Required action - When a line below contains the word "IsGone", copy that line.

Data to use -
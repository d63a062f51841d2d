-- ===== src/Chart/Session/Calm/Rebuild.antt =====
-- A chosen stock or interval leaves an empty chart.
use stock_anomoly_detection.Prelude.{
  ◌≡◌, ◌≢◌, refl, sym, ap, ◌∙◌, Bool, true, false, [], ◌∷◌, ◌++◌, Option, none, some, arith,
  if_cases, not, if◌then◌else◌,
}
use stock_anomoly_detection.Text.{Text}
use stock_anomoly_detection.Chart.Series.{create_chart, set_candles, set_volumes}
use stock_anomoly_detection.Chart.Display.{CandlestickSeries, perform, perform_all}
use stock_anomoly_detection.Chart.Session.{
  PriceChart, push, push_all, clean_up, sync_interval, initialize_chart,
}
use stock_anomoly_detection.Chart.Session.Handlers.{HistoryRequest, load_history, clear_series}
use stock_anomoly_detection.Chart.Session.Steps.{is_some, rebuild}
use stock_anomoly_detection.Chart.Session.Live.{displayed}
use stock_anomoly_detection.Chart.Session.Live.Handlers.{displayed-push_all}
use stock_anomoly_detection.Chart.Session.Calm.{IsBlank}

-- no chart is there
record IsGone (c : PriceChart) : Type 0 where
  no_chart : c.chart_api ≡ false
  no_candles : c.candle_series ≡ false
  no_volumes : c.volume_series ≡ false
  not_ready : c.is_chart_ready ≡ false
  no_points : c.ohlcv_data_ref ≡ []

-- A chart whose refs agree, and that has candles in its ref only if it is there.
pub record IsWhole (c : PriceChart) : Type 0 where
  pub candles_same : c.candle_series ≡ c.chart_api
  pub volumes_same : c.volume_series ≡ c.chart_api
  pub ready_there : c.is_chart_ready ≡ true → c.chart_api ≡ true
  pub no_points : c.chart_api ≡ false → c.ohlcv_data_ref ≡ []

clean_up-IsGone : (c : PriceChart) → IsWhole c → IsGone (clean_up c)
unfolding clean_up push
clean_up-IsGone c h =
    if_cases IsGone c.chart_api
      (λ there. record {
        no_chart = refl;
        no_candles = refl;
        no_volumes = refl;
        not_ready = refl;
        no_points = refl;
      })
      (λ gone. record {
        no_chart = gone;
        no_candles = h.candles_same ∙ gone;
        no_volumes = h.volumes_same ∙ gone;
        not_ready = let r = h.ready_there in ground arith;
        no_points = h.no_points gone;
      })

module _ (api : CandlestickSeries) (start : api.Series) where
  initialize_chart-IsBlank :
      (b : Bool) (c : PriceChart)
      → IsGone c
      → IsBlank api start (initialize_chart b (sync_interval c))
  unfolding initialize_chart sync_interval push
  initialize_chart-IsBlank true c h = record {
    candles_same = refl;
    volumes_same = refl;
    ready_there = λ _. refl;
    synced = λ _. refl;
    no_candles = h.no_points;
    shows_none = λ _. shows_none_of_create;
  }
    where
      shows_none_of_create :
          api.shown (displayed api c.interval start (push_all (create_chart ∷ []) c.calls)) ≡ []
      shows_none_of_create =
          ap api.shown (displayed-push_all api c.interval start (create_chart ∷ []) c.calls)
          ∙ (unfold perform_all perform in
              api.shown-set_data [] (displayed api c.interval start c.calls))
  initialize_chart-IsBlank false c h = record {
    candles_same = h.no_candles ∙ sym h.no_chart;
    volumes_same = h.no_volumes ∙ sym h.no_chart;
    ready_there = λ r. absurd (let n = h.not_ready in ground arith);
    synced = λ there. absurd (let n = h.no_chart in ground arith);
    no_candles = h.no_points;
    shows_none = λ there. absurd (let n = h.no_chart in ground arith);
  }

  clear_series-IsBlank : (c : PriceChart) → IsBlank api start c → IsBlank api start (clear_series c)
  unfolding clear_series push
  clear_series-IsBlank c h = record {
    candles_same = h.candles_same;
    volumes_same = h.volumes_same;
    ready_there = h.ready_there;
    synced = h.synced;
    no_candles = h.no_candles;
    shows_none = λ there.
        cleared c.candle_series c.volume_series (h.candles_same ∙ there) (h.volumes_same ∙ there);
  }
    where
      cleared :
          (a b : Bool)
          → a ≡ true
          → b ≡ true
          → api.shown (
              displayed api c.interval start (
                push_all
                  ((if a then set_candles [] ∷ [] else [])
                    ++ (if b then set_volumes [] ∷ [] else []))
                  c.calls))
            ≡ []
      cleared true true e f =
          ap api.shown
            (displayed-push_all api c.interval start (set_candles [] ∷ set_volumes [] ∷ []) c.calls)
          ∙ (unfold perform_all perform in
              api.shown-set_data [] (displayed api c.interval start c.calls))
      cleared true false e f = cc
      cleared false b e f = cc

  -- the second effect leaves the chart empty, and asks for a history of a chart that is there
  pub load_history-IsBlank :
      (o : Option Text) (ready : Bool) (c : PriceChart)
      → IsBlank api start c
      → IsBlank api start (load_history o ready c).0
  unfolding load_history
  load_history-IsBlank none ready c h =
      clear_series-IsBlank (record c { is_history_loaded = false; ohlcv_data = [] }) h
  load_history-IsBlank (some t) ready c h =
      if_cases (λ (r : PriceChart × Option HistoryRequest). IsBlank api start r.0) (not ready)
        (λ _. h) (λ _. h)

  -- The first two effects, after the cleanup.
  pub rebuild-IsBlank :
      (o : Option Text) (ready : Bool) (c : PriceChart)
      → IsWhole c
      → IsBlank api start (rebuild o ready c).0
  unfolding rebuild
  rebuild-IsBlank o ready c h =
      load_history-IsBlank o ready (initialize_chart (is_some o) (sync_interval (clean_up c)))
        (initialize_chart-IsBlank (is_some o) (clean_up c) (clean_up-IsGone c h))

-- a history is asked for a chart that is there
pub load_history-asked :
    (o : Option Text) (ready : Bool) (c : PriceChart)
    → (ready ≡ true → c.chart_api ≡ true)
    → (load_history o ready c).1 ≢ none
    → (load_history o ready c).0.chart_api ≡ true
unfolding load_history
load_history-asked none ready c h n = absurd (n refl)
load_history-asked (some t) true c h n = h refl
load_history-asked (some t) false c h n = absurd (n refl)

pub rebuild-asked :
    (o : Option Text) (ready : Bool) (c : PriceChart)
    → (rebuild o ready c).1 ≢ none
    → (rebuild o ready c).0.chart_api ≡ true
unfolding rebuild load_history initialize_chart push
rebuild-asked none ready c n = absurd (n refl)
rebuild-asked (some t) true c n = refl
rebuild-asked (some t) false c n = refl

Response -
record IsGone (c : PriceChart) : Type 0 where
clean_up-IsGone : (c : PriceChart) → IsWhole c → IsGone (clean_up c)
clean_up-IsGone c h =
    if_cases IsGone c.chart_api
      → IsGone c
        (initialize_chart-IsBlank (is_some o) (clean_up c) (clean_up-IsGone c h))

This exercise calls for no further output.